= Task statement =
Which lines of the entries below hold the word "there"? Report each of them.
** Source data follows **
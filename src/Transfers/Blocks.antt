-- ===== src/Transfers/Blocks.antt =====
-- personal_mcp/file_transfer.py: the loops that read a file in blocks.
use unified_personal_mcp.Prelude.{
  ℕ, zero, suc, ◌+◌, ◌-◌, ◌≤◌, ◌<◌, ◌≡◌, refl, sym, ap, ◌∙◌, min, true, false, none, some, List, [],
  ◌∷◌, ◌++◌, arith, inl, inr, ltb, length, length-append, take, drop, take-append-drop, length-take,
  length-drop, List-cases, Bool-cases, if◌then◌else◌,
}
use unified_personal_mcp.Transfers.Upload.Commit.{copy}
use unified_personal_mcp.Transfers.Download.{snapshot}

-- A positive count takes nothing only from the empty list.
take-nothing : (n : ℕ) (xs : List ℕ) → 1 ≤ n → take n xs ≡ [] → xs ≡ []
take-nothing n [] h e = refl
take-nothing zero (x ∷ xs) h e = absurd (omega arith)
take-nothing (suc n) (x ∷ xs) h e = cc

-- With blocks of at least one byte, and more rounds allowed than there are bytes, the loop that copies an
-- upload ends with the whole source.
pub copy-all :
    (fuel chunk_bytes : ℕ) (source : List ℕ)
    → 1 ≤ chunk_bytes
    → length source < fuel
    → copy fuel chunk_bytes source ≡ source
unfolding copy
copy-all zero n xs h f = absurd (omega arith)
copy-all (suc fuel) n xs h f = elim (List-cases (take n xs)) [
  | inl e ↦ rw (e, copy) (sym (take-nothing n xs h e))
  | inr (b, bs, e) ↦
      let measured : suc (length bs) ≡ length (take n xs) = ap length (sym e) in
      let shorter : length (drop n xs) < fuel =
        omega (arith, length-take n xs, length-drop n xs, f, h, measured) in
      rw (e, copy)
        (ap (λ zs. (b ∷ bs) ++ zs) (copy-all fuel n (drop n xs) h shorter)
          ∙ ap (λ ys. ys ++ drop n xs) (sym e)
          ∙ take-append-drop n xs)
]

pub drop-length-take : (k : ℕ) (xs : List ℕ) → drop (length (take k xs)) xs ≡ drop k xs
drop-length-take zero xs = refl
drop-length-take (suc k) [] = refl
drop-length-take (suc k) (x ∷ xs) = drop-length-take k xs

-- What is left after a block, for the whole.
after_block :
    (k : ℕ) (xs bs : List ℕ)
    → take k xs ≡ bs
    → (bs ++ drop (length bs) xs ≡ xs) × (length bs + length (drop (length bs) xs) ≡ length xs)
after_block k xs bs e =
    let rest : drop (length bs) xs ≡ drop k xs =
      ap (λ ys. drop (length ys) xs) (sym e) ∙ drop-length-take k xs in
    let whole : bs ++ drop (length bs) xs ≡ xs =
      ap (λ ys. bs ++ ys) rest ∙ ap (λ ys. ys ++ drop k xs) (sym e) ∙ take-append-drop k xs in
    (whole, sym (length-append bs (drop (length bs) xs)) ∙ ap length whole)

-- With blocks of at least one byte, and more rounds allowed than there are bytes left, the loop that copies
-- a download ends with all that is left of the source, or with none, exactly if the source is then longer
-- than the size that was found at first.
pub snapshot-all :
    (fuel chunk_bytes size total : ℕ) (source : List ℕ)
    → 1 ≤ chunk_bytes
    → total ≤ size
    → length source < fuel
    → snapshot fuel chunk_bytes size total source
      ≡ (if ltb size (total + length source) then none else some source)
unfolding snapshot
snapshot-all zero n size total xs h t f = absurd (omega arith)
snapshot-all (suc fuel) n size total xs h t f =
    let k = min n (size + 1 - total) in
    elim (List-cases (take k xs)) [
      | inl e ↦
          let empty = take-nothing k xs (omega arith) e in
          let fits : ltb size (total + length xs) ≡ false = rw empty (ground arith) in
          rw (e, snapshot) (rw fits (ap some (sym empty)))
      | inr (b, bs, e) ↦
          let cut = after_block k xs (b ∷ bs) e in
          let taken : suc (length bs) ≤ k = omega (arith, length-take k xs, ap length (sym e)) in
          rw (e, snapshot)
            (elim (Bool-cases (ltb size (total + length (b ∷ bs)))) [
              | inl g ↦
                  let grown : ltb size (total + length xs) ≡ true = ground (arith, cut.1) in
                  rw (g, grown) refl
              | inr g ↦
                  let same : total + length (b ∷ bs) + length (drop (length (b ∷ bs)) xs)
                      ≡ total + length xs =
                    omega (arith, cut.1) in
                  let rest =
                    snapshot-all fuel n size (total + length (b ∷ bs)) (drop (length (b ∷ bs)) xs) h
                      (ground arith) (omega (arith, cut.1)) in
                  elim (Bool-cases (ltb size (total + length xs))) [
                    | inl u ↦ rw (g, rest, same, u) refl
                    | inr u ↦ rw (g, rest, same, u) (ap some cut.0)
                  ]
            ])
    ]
** End of Source data **
= Solution =
-- With blocks of at least one byte, and more rounds allowed than there are bytes, the loop that copies an
-- With blocks of at least one byte, and more rounds allowed than there are bytes left, the loop that copies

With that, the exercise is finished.